Essentially, it's a storage medium - just a slightly higher-level storage medium than we're used to thinking about. You could create a programming language syntax that is entwined with YAML, but then the language would be more correctly named something like Whatever-over-YAML (or Whatever for short)
I feel like a lot of people who were criticizing XML a few years back because "schemas are complicated" and "XML is too verbose" are slowly realizing these things were invented for a reason.
JSON-LD or XML are perfectly good candidates for data with strict schema. But it took devops startup fanboys some time to realize schemas were useful in the first place.
> a lot of people who were criticizing XML a few years back because "schemas are complicated" and "XML is too verbose" are slowly realizing these things were invented for a reason
Agreed, it's analogous to the way the programming language world has come around to realising the static type system folks had a point all along.
I don't have much experience with XML so I can't speak to whether the other criticisms of XML make sense, especially regarding complexity.
YAML sounds like the, olde time "hardy hard har" solution to modern extensible languages. Where pretty much "anything goes" to the point of conceiving full blown tumor executables.
People can say what they want about JSON but anything beats the old world of rolling your own serializers and convincing your boss over the hours you've spent reinterpreting some "sporadic flavor" like YAML.
> force Douglas Crockford at gunpoint to add comments to the spec.
You mean re-add them.
> I removed comments from JSON because I saw people were using them to hold parsing directives, a practice which would have destroyed interoperability.
Many JSON parsers has flags to enable comment parsing (and someone went ahead and made a "standard" called JWCC that seems to be more or less what these parsers accept)
I think that is a good tradeoff, JSON being strict for data interop with the possibility of enabling comments for those cases where people use it for configuration (and specifying it as JWCC)
Pride in creating a "generic" system that can be configured to do all kinds of new things "without touching the code." Reality check: only one or two programmers understand how to modify the config file, and changes have to go through the same life cycle as a code change, so you haven't gained anything. You've only made it harder to onboard new programmers to the project.
Hope that if certain logic is encoded in config files, then it can never get complicated. Reality check: product requirements do not magically become simpler because of your implementation decisions. The config file will become as expressive as necessary to fulfill the requirements, and the code to translate the config file into runtime behavior will become much more complex than if you had coded the logic directly.

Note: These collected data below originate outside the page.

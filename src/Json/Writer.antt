-- ===== src/Json/Writer.antt =====
-- src/torrent_mgr.c, json_writef, json_write_string and torrent_mgr_status_json. The writer is the
-- text so far and the buffer's size.
use ps5torrent.Base.{
  ℕ, ◌+◌, ◌-◌, ◌/◌, ◌%◌, Bool, ◌&&◌, List, [], ◌∷◌, ◌++◌, Bytes, codes, length, take, ltb, leb,
  ◌==◌, if◌then◌else◌, Option, none, some,
}
use ps5torrent.Base.Decimal.{print_u64}
use ps5torrent.Net.Url.{hex}
use ps5torrent.Json.Escape.{is_special}
use ps5torrent.TorrentMgr.State.{TorrentState, stopped, downloading, seeding, error, done}

-- json_writef with the text that the format gives: what does not fit is cut.
unfoldable pub json_writef : ℕ → Bytes → Bytes → Bytes
json_writef size out text =
    if leb size (length out)
    then out
    else if leb (size - length out) (length text)
    then out ++ take (size - length out - 1) text
    else out ++ text

-- The escape of a byte.
unfoldable pub json_byte : ℕ → Bytes
json_byte c =
    if is_special c
    then 92 ∷ c ∷ []
    else if c == 8
    then 92 ∷ b'b' ∷ []
    else if c == 12
    then 92 ∷ b'f' ∷ []
    else if c == 10
    then 92 ∷ b'n' ∷ []
    else if c == 13
    then 92 ∷ b'r' ∷ []
    else if c == 9
    then 92 ∷ b't' ∷ []
    else if ltb c 0x20
    then 92 ∷ b'u' ∷ b'0' ∷ b'0' ∷ hex (c / 16) ∷ hex (c % 16) ∷ []
    else c ∷ []

-- The loop over the value: it stops where fewer than eight bytes are left.
unfoldable pub write_bytes : ℕ → Bytes → Bytes → Bytes
unfolding json_writef json_byte
write_bytes size out [] = out
write_bytes size out (c ∷ r) =
    let next = write_bytes size (json_writef size out (json_byte c)) r in
    if ltb (length out + 7) size then next else out

unfoldable pub json_write_string : ℕ → Bytes → Bytes → Bytes
unfolding json_writef write_bytes
json_write_string size out value =
    let quote = b'"' ∷ [] in
    json_writef size (write_bytes size (json_writef size out quote) value) quote

-- What the status shows of a torrent. `progress` is the text of the fraction with three digits;
-- num_pieces is none where there is no torrent.
pub record TorrentStatus : Type 0 where
  pub name : Bytes
  pub id : Bytes
  pub state : TorrentState
  pub progress : Bytes
  pub total_size : ℕ
  pub downloaded : ℕ
  pub uploaded : ℕ
  pub start_time : ℕ
  pub speed_down : ℕ
  pub speed_up : ℕ
  pub num_peers : ℕ
  pub active_peers : ℕ
  pub num_complete : ℕ
  pub num_pieces : Option ℕ
  pub tracker_announces : ℕ
  pub is_magnet : Bool
  pub save_path : Bytes
  pub error_msg : Bytes

abbrev pub state_str : TorrentState → Bytes
state_str stopped = codes "stopped"
state_str downloading = codes "downloading"
state_str seeding = codes "seeding"
state_str error = codes "error"
state_str done = codes "done"

-- `,"key":value`, and with a text as value.
abbrev pub member : Bytes → Bytes → Bytes
member key value = codes "," ++ (b'"' ∷ key ++ (b'"' ∷ b':' ∷ value))

abbrev pub quoted : Bytes → Bytes
quoted text = b'"' ∷ text ++ b'"' ∷ []

-- The text of the long format.
unfoldable pub numbers_text : ℕ → TorrentStatus → Bytes
unfolding print_u64
numbers_text now t =
    let remaining = if ltb t.downloaded t.total_size then t.total_size - t.downloaded else 0 in
    let elapsed = if ltb 0 t.start_time && leb t.start_time now then now - t.start_time else 0 in
    let pieces_total : ℕ = elim t.num_pieces [ none ↦ 0 | some n ↦ n ] in
    let pieces_done = if pieces_total == 0 then 0 else t.num_complete in
    member (codes "state") (quoted (state_str t.state))
    ++ (member (codes "progress") t.progress
        ++ (member (codes "size") (print_u64 t.total_size)
            ++ (member (codes "downloaded") (print_u64 t.downloaded)
                ++ (member (codes "uploaded") (print_u64 t.uploaded)
                    ++ (member (codes "remaining") (print_u64 remaining)
                        ++ (member (codes "speed_down") (print_u64 t.speed_down)
                            ++ (member (codes "speed_up") (print_u64 t.speed_up)
                                ++ (member (codes "peers") (print_u64 t.num_peers)
                                    ++ (member (codes "active_peers") (print_u64 t.active_peers)
                                        ++ (member (codes "pieces_done") (print_u64 pieces_done)
                                            ++ (member (codes "pieces_total")
                                                  (print_u64 pieces_total)
                                                ++ (member (codes "elapsed") (print_u64 elapsed)
                                                    ++ (member (codes "tracker_announces")
                                                          (print_u64 t.tracker_announces)
                                                        ++ (member (codes "is_magnet") (
                                                            if t.is_magnet
                                                            then codes "true"
                                                            else codes "false")
                                                            ++ member (codes "save_path")
                                                            []))))))))))))))

-- The text in front of the name.
unfoldable pub head_text : ℕ → Bytes
unfolding print_u64
head_text i = codes "{" ++ (quoted (codes "id") ++ (b':' ∷ print_u64 i ++ member (codes "name") []))

-- The body of the loop for the torrent at index `i`.
unfoldable pub write_torrent : ℕ → ℕ → ℕ → Bytes → TorrentStatus → Bytes
unfolding json_writef json_write_string head_text numbers_text
write_torrent size now i out t =
    let a = if i == 0 then out else json_writef size out (codes ",") in
    let b = json_writef size a (head_text i) in
    let c = json_write_string size b t.name in
    let d = json_writef size c (member (codes "hash") []) in
    let e = json_write_string size d t.id in
    let f = json_writef size e (numbers_text now t) in
    let g = json_write_string size f t.save_path in
    let h = json_writef size g (member (codes "error") []) in
    json_writef size (json_write_string size h t.error_msg) (codes "}")

unfoldable pub write_torrents : ℕ → ℕ → ℕ → Bytes → List TorrentStatus → Bytes
unfolding write_torrent
write_torrents size now i out [] = out
write_torrents size now i out (t ∷ ts) =
    write_torrents size now (i + 1) (write_torrent size now i out t) ts

abbrev pub opening : Bytes
opening = codes "{" ++ (quoted (codes "torrents") ++ codes ":[")

-- The text in a buffer of at least 64 bytes; a smaller one is left alone.
unfoldable pub torrent_mgr_status_json : ℕ → ℕ → List TorrentStatus → Option Bytes
unfolding json_writef write_torrents
torrent_mgr_status_json size now ts =
    if ltb size 64
    then none
    else some
        (json_writef size (write_torrents size now 0 (json_writef size [] opening) ts) (codes "]}"))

Hope that you can get non-programmers to code review your business logic. Reality check: the DSL you embedded in your config file isn't as "human readable" as you think it is. Also, they're not going to sign up for a Github account and learn how to review a PR so they can do your job for you.
Marketing your product as a "no code" solution. Reality check: none for you; this is great! Your customers, on the other hand, are going to find out that "no code" means "coding in something that was never meant to be a programming language."